======== Records to use
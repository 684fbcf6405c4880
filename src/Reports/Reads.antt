-- ===== src/Reports/Reads.antt =====
-- agents-python/app/reports.py: what `render_report` reads of a record.
use vaultwatch.Base.{String, ◌<>◌, List, if◌then◌else◌}
use vaultwatch.Base.Exec.{Result, ok}
use vaultwatch.Base.Exec.Results.{◌>>=◌}
use vaultwatch.Runtime.{or_else, Runtime, truth}
use vaultwatch.Models.Values.{
  Json, Dict, null, str, arr, obj, nil, cons, empty, entry, item, subscript, items_of,
}
use vaultwatch.Llm.Transcripts.{get_from}
use vaultwatch.Reports.{
  joined, iterated, spaced, Subject, str_of, familiarity, row, receipt, finding, tool_evidence,
}

-- what `render_report` computes before it writes the page
pub record Parts (N : Type 0) : Type 0 where
  pub result : Json N
  pub tx : Json N
  pub review : Json N
  pub audit : Json N
  pub payment : Json N
  pub rows : String
  pub receipts : String
  pub decision : Json N
  pub journey : String
  pub findings : String
  pub screen : String
  pub summary : Json N
  pub integrity : String

module _ {N : Type 0} where
  -- a payment of a record that has none
  abbrev pub no_payment : Json N
  no_payment = obj (
      entry "action" (str "not_evaluated")
        (entry "reasons" (arr (cons (str "This record predates payment controls.") nil)) empty))

  abbrev pub no_alert : Json N
  no_alert = obj (entry "title" (str "Closed without alert") (entry "severity" (str "low") empty))

  unfoldable pub reasons_of : Json N → Result (Json N)
  reasons_of payment = do
    reasons ← subscript payment "reasons"
    xs ← iterated reasons
    text ← spaced xs
    ok (str text)

  unfoldable pub recipient_of : Json N → Result (Json N)
  recipient_of tx = do
    id ← get_from tx "beneficiary_id" (str "Not recorded")
    get_from tx "beneficiary_name" id

  abbrev pub location_data : Json N → Json N → Json N
  location_data tx review = obj (entry "transaction" tx (entry "review" review empty))

  unfoldable pub check_data : Json N → Result (Json N)
  check_data result = do
    rules ← get_from result "rules" null
    prefilter ← get_from result "prefilter" null
    ok (obj (entry "rules" rules (entry "prefilter" prefilter empty)))

  unfoldable pub investigation_data : Json N → Json N → Result (Json N)
  investigation_data result decision = do
    triage ← get_from result "triage" null
    case_file ← get_from result "case" null
    compliance ← get_from result "compliance" null
    detail ← get_from decision "detail" (obj empty)
    warning ← get_from detail "security_event" null
    ok (
        obj (
          entry "triage" triage (
            entry "case" case_file
              (entry "compliance" compliance (entry "security_event" warning empty)))))

module _ (rt : Runtime) where
  open rt use {Num}

  unfoldable pub familiar : Json Num → String → Subject → Result String
  familiar review k subject = do v ← get_from review k null; ok (familiarity rt v subject)

  unfoldable pub correlation : Json Num → Result String
  correlation decision = do
    fused ← get_from decision "fused_with_security_event" null
    ok (
        if truth rt fused
        then "Matched Go login warning to this account"
        else "No matched login warning")

  unfoldable pub narrative_of : Json Num → Result (Json Num)
  narrative_of result = do
    compliance ← get_from result "compliance" null
    get_from (or_else rt compliance (obj empty)) "narrative"
        (str "No compliance draft was requested. See the payment decision for the current outcome.")

  unfoldable pub evidence_data : Json Num → Result (Json Num)
  evidence_data result = do
    events ← get_from result "events" (arr nil)
    es ← iterated events
    details ← tool_evidence rt es
    ok (arr (items_of details))

  -- a place's name in `journey`
  unfoldable pub place_name : Json Num → String → Result String
  place_name review k = do
    place ← get_from review k (obj empty)
    name ← get_from place "name" (str "Not recorded")
    ok (str_of rt name)

  unfoldable pub journey_of : Json Num → Result String
  journey_of review = do
    origin ← place_name review "origin"
    location ← place_name review "current_location"
    ok (origin <> " → " <> location)

  -- `(result.get("rules") or {}).get("triggered_rules", [])`
  unfoldable pub triggered : Json Num → Result (List (Json Num))
  triggered result = do
    rules ← get_from result "rules" null
    listed ← get_from (or_else rt rules (obj empty)) "triggered_rules" (arr nil)
    iterated listed

  unfoldable pub listed : Json Num → String → Result (List (Json Num))
  listed d k = do v ← get_from d k (arr nil); iterated v

  unfoldable pub screen_of : Json Num → Result String
  screen_of case_file =
      if truth rt case_file
      then (do
        hit ← get_from case_file "sanctions_hit" null
        ok (if truth rt hit then "Match found" else "No match"))
      else ok "Not screened: case closed before investigation"

  unfoldable pub summary_of : Json Num → Result (Json Num)
  summary_of case_file =
      if truth rt case_file
      then subscript case_file "summary"
      else ok
          (str "Initial checks did not require an investigation. The case closed without an alert.")

  unfoldable pub integrity_of : Dict Num → Result String
  integrity_of verification = do
    current ← get_from (obj verification) "verify" null
    if truth rt current
        then (do
          valid ← subscript current "valid"
          ok (if truth rt valid then "Valid" else "BROKEN"))
        else ok "Unavailable"

  -- the statements before the page
  unfoldable pub parts_of : Dict Num → Dict Num → Result (Parts Num)
  parts_of record_dict verification = do
    result ← item record_dict "result"
    tx ← get_from result "transaction" (obj empty)
    review ← get_from result "review" (obj empty)
    audit ← get_from result "audit" (obj empty)
    paid ← get_from result "payment" null
    events ← listed result "events"
    rows ← joined (row rt) events
    entries ← listed audit "entries"
    receipts ← joined (receipt rt) entries
    alert ← get_from result "alert" null
    journey ← journey_of review
    rules ← triggered result
    findings ← joined (finding rt) rules
    case_file ← get_from result "case" null
    screen ← screen_of case_file
    summary ← summary_of case_file
    integrity ← integrity_of verification
    ok (record {
      result = result;
      tx = tx;
      review = review;
      audit = audit;
      payment = or_else rt paid no_payment;
      rows = rows;
      receipts = receipts;
      decision = or_else rt alert no_alert;
      journey = journey;
      findings = findings;
      screen = screen;
      summary = summary;
      integrity = integrity;
    })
================
• _Exercise prompt_
The answer should be nothing more than the lines from the one with "result = result;" through the end of the entries, restated word for word.

• _Result_
      result = result;
      tx = tx;
      review = review;
      audit = audit;
      payment = or_else rt paid no_payment;
      rows = rows;
      receipts = receipts;
      decision = or_else rt alert no_alert;
      journey = journey;
      findings = findings;
      screen = screen;
      summary = summary;
      integrity = integrity;
    })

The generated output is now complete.